She was called a bad mum because she let her son wear a tutu. Her response was perfect.

Roo Shattuck is just like any other little boy. He likes to play with trucks and jigsaw puzzles, he loves to eat plums. Sometimes, he also likes to wear tutus.

He’d never received anything more but well-intentioned questions about his outfits. Until vile comments from one “bad man” left him afraid to pull on his favourite skirt.

In a passionate Facebook post that’s been shared more than 48,000 times, Roo’s mother Jen Anderson Shattuck told of being approached by a man on her way to a local park, who rounded on three-and-a-half-year-old Roo.

“She shouldn’t keep doing this to you,” he said, according to Anderson Shattuck. “You’re a boy. She’s a bad mummy. It’s child abuse.”

Roo Shattuck. Image: Facebook.

The man then reportedly took photographs of the pair and threatened her, saying "now everyone will know".

"I called the police. They came, they took their report, they complimented the skirt," Anderson Shattuck wrote. "Still, my son does not feel safe today. He wants to know: 'Is the man coming back? The bad man? Is he going to shout more unkind things about my skirt? Is he going to take more pictures?'"

Anderson Shattuck admitted she couldn't honestly assure her boy that it would be the last time he would be confronted with such ignorance. But, she wrote, she could show him that angry strangers needn't change who he is.

"The world may not love my son for who he is, but I do. I was put on this earth to make sure he knows it.

"I will defend, shouting, his right to walk down the street in peace, wearing whatever items of clothing he wants to wear. I will show him, in whatever way I can, that I value the person he is, trust in his vision for himself, and support his choices - no matter what anybody else says, no matter who tries to stop him or how often."


The response to Anderson Shattuck's post has been immense and overwhelmingly supportive. It's so far attracted over 62,000 reactions, more than 48,000 shares and at least 90 comments from sympathetic Facebook users, many of whom were able to directly relate to her story.

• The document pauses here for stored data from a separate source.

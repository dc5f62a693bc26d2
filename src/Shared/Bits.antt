-- ===== src/Shared/Bits.antt =====
-- Exclusive or at every width: the digit law, the group laws, bounds and shifts.
use Prim.Native.Nat.{
  digits, bitwise, bit_xor, bit_xor-bitwise, bit_and, bit_and-bitwise, min, differ,
}
use native.Mathlib.Nat.{le_refl, pow-suc}
use binjson_structures.Shared.{
  ℕ, zero, suc, ◌+◌, ◌*◌, ◌/◌, ◌%◌, ◌^◌, ◌≤◌, ◌<◌, ◌≡◌, refl, ap, sym, ◌∙◌, arith, Bool, true, ◌&&◌,
}
use mathlib.Core.Path.{ap₂, ◌≡⟨◌⟩◌, ◌∎}
pub use Prim.Native.Nat.{bit_xor, bit_and}

-- `digits` of a zero, and the same digits from any two amounts of fuel that cover the number.
module _ (base : ℕ → ℕ) (digit : ℕ → ℕ → ℕ) where
  digits-zero : (i y : ℕ) → digits base digit i 0 y ≡ base y
  digits-zero zero y = refl
  digits-zero (suc i) y = refl

  enough_rounds :
      (x i j y : ℕ) → (x ≤ i) × (x ≤ j) → digits base digit i x y ≡ digits base digit j x y
  enough_rounds zero i j y h = digits-zero i y ∙ sym (digits-zero j y)
  enough_rounds (suc x) zero j y (low, _) = absurd (omega arith)
  enough_rounds (suc x) (suc i) zero y (_, low) = absurd (omega arith)
  enough_rounds (suc x) (suc i) (suc j) y (hi, hj) =
      rw (enough_rounds (suc x / 2) i j (y / 2) (omega arith, omega arith))

  bitwise-positive :
      (x y : ℕ)
      → bitwise base digit (suc x) y
        ≡ bitwise base digit (suc x / 2) (y / 2) * 2 + digit (suc x % 2) (y % 2)
  bitwise-positive x y =
      let half = suc x / 2 in
      omega (arith, enough_rounds half x half (y / 2) (omega arith, omega arith))

differ_two : (x y : ℕ) → x < 2 → y < 2 → differ x y ≡ (x + y) % 2
differ_two zero zero p q = refl
differ_two zero (suc zero) p q = refl
differ_two zero (suc (suc y)) p q = absurd (omega arith)
differ_two (suc zero) zero p q = refl
differ_two (suc zero) (suc zero) p q = refl
differ_two (suc zero) (suc (suc y)) p q = absurd (omega arith)
differ_two (suc (suc x)) y p q = absurd (omega arith)

-- The law of the lowest digit.
pub bit_xor_step : (a b : ℕ) → bit_xor a b ≡ bit_xor (a / 2) (b / 2) * 2 + (a + b) % 2
bit_xor_step zero b = simp bit_xor-bitwise (omega arith)
bit_xor_step (suc a) b = simp bit_xor-bitwise (
    omega (
      arith,
      bitwise-positive (λ y. y) differ a b,
      differ_two (suc a % 2) (b % 2) (omega arith) (omega arith),
    ))

pub bit_xor-half : (a b : ℕ) → bit_xor a b / 2 ≡ bit_xor (a / 2) (b / 2)
bit_xor-half a b = omega (arith, bit_xor_step a b)

pub bit_xor-parity : (a b : ℕ) → bit_xor a b % 2 ≡ (a + b) % 2
bit_xor-parity a b = omega (arith, bit_xor_step a b)

-- Two numbers with the same halves and the same lowest digit are the same.
eq_of_half : (a b : ℕ) → a / 2 ≡ b / 2 → a % 2 ≡ b % 2 → a ≡ b
eq_of_half a b p q = omega arith

pub zero-bit_xor : (b : ℕ) → bit_xor 0 b ≡ b
zero-bit_xor b = bit_xor-bitwise 0 b

-- A result has no more digits than the operands.
pub bit_xor-lt : (k : ℕ) (a b : ℕ) → a < 2 ^ k → b < 2 ^ k → bit_xor a b < 2 ^ k
bit_xor-lt zero zero zero p q = omega arith
bit_xor-lt zero zero (suc b) p q = absurd (omega arith)
bit_xor-lt zero (suc a) b p q = absurd (omega arith)
bit_xor-lt (suc k) a b p q = omega (
  arith,
  pow-suc 2 k,
  bit_xor_step a b,
  bit_xor-lt k (a / 2) (b / 2) (omega (arith, pow-suc 2 k)) (omega (arith, pow-suc 2 k)),
)

comm_fuel : (n a b : ℕ) → a ≤ n → b ≤ n → bit_xor a b ≡ bit_xor b a
comm_fuel zero zero zero p q = refl
comm_fuel zero zero (suc b) p q = absurd (omega arith)
comm_fuel zero (suc a) b p q = absurd (omega arith)
comm_fuel (suc n) zero zero p q = refl
comm_fuel (suc n) zero (suc b) p q = omega (
  arith,
  bit_xor_step 0 (suc b),
  bit_xor_step (suc b) 0,
  comm_fuel n 0 (suc b / 2) (omega arith) (omega arith),
)
comm_fuel (suc n) (suc a) b p q = omega (
  arith,
  bit_xor_step (suc a) b,
  bit_xor_step b (suc a),
  comm_fuel n (suc a / 2) (b / 2) (omega arith) (omega arith),
)

pub bit_xor_comm : (a b : ℕ) → bit_xor a b ≡ bit_xor b a
bit_xor_comm a b = comm_fuel (a + b) a b (omega arith) (omega arith)

pub bit_xor-zero : (a : ℕ) → bit_xor a 0 ≡ a
bit_xor-zero a = bit_xor_comm a 0 ∙ zero-bit_xor a

assoc_fuel : (n a b c : ℕ) → a ≤ n → bit_xor (bit_xor a b) c ≡ bit_xor a (bit_xor b c)
assoc_fuel n zero b c p = rw (zero-bit_xor, zero-bit_xor)
assoc_fuel zero (suc a) b c p = absurd (omega arith)
assoc_fuel (suc n) (suc a) b c p =
    let half : bit_xor (bit_xor (suc a) b) c / 2 ≡ bit_xor (suc a) (bit_xor b c) / 2 =
      rw
        (
          bit_xor-half (bit_xor (suc a) b) c,
          bit_xor-half (suc a) (bit_xor b c),
          bit_xor-half (suc a) b,
          bit_xor-half b c,
        )
        (assoc_fuel n (suc a / 2) (b / 2) (c / 2) (omega arith)) in
    eq_of_half _ _ half (
      omega (
        arith,
        bit_xor-parity (bit_xor (suc a) b) c,
        bit_xor-parity (suc a) b,
        bit_xor-parity (suc a) (bit_xor b c),
        bit_xor-parity b c,
      ))

pub bit_xor_assoc : (a b c : ℕ) → bit_xor (bit_xor a b) c ≡ bit_xor a (bit_xor b c)
bit_xor_assoc a b c = assoc_fuel a a b c (le_refl a)

self_fuel : (n a : ℕ) → a ≤ n → bit_xor a a ≡ 0
self_fuel n zero p = refl
self_fuel zero (suc a) p = absurd (omega arith)
self_fuel (suc n) (suc a) p =
    omega (arith, bit_xor_step (suc a) (suc a), self_fuel n (suc a / 2) (omega arith))

pub bit_xor_self : (a : ℕ) → bit_xor a a ≡ 0
bit_xor_self a = self_fuel a a (le_refl a)

pub bit_xor_cancel : (a b : ℕ) → bit_xor a (bit_xor a b) ≡ b
bit_xor_cancel a b = sym (bit_xor_assoc a a b) ∙ rw bit_xor_self (zero-bit_xor b)

pub bit_xor_injective : (a b c : ℕ) → bit_xor a b ≡ bit_xor a c → b ≡ c
bit_xor_injective a b c e = sym (bit_xor_cancel a b) ∙ ap (bit_xor a) e ∙ bit_xor_cancel a c

-- Shifts.
bit_xor-quarter : (a b : ℕ) → bit_xor a b / 4 ≡ bit_xor (a / 4) (b / 4)
bit_xor-quarter a b =
    bit_xor a b / 4
    ≡⟨ omega (arith, bit_xor-half a b) ⟩ bit_xor (a / 2) (b / 2) / 2
    ≡⟨ bit_xor-half (a / 2) (b / 2) ⟩ bit_xor (a / 2 / 2) (b / 2 / 2)
    ≡⟨ ap₂ bit_xor (omega arith) (omega arith) ⟩ bit_xor (a / 4) (b / 4) ∎

bit_xor-div_16 : (a b : ℕ) → bit_xor a b / 16 ≡ bit_xor (a / 16) (b / 16)
bit_xor-div_16 a b =
    bit_xor a b / 16
    ≡⟨ omega (arith, bit_xor-quarter a b) ⟩ bit_xor (a / 4) (b / 4) / 4
    ≡⟨ bit_xor-quarter (a / 4) (b / 4) ⟩ bit_xor (a / 4 / 4) (b / 4 / 4)
    ≡⟨ ap₂ bit_xor (omega arith) (omega arith) ⟩ bit_xor (a / 16) (b / 16) ∎

pub bit_xor-div_byte : (a b : ℕ) → bit_xor a b / 256 ≡ bit_xor (a / 256) (b / 256)
bit_xor-div_byte a b =
    bit_xor a b / 256
    ≡⟨ omega (arith, bit_xor-div_16 a b) ⟩ bit_xor (a / 16) (b / 16) / 16
    ≡⟨ bit_xor-div_16 (a / 16) (b / 16) ⟩ bit_xor (a / 16 / 16) (b / 16 / 16)
    ≡⟨ ap₂ bit_xor (omega arith) (omega arith) ⟩ bit_xor (a / 256) (b / 256) ∎

bit_and-halves : (x y : ℕ) → bit_and x y ≡ min (x % 2) (y % 2) + 2 * bit_and (x / 2) (y / 2)
bit_and-halves zero y = simp bit_and-bitwise (omega arith)
bit_and-halves (suc x) y =
    simp bit_and-bitwise (omega (arith, bitwise-positive (λ rest. 0) min x y))

bit_and-nothing : (bound x : ℕ) → x < suc bound → bit_and x 0 ≡ 0
bit_and-nothing bound zero h = refl
bit_and-nothing zero (suc x) h = absurd (omega arith)
bit_and-nothing (suc bound) (suc x) h =
    let shorter = bit_and-nothing bound (suc x / 2) (omega arith) in
    omega (arith, bit_and-halves (suc x) 0)

-- Masks of two ones and more.
mask_two : (x : ℕ) → bit_and x 3 ≡ x % 4
mask_two x =
    let rest = x / 2 / 2 in
    let none_left = bit_and-nothing rest rest (omega arith) in
    omega (arith, bit_and-halves x 3, bit_and-halves (x / 2) 1)

mask_four : (x : ℕ) → bit_and x 15 ≡ x % 16
mask_four x = omega (arith, bit_and-halves x 15, bit_and-halves (x / 2) 7, mask_two (x / 2 / 2))

mask_six : (x : ℕ) → bit_and x 63 ≡ x % 64
mask_six x = omega (arith, bit_and-halves x 63, bit_and-halves (x / 2) 31, mask_four (x / 2 / 2))

pub bit_and_byte : (a : ℕ) → bit_and a 0xff ≡ a % 256
bit_and_byte a =
    omega (arith, bit_and-halves a 255, bit_and-halves (a / 2) 127, mask_six (a / 2 / 2))

half_top : (k r : ℕ) → (2 ^ suc k + r) / 2 ≡ 2 ^ k + r / 2
half_top k r = omega (arith, pow-suc 2 k)

-- A top digit that only one operand has stays.
pub bit_xor_top : (k r m : ℕ) → r < 2 ^ k → m < 2 ^ k → 2 ^ k ≤ bit_xor (2 ^ k + r) m
bit_xor_top zero zero zero p q = omega arith
bit_xor_top zero zero (suc m) p q = absurd (omega arith)
bit_xor_top zero (suc r) m p q = absurd (omega arith)
bit_xor_top (suc k) r m p q = omega (
  arith,
  pow-suc 2 k,
  bit_xor_step (2 ^ suc k + r) m,
  ap (λ (t : ℕ). bit_xor t (m / 2)) (half_top k r),
  bit_xor_top k (r / 2) (m / 2) (omega (arith, pow-suc 2 k)) (omega (arith, pow-suc 2 k)),
)

double_field : (k h : ℕ) → 2 ^ suc k * h ≡ 2 ^ k * h * 2
double_field k h = omega (arith, ap (λ (t : ℕ). t * h) (pow-suc 2 k))

half_field : (k h : ℕ) → 2 ^ suc k * h / 2 ≡ 2 ^ k * h
half_field k h = omega (arith, double_field k h)

-- Operands with no digit in common add up.
pub bit_xor_fields : (k l h : ℕ) → l < 2 ^ k → bit_xor l (2 ^ k * h) ≡ l + 2 ^ k * h
bit_xor_fields zero zero h p = zero-bit_xor (2 ^ 0 * h) ∙ omega arith
bit_xor_fields zero (suc l) h p = absurd (omega arith)
bit_xor_fields (suc k) l h p = omega (
  arith,
  double_field k h,
  bit_xor_step l (2 ^ suc k * h),
  ap (λ (t : ℕ). bit_xor (l / 2) t) (half_field k h),
  bit_xor_fields k (l / 2) h (omega (arith, pow-suc 2 k)),
)

-- A table of all the values below `bound`.
unfoldable pub all_below : ℕ → (ℕ → Bool) → Bool
all_below zero test = true
all_below (suc bound) test = test bound && all_below bound test

pub all_below-lt :
    (bound x : ℕ) (test : ℕ → Bool) → x < bound → all_below bound test ≡ true → test x ≡ true
unfolding all_below
all_below-lt zero x test inside h = absurd (omega arith)
all_below-lt (suc bound) x test inside h = ground (arith, all_below-lt bound x test)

"I also have a little boy who is the same way!" wrote one commenter. "People are always going to be ignorant and cruel, but you handled the situation with incredible restraint and dignity for his sake, and I say Bravo momma!!!

"You are a wonderful mother for recognising the qualities that make your boy who he is, and that you protect him from intolerance and hate. He will grow to be an outstanding man," wrote another.

And this from a supportive father: "If you find a purple (or whatever colour) tutu in my size, tell Roo I'm up for a walk anytime."

In a later post, Anderson Shattuck thanked the Facebook community for the support.

"Thank you, from the bottom of my heart, for your kindness (and for the many photos you have sent of your dress-, skirt-, and tutu-loving offspring, who are adorable.)," she wrote.

"Roo may not always want to dress this way, but we hope that he'll remember that, when he did, he was loved. We hope he'll know that no matter what other people thought or said in response, there was always peace and safety in our home."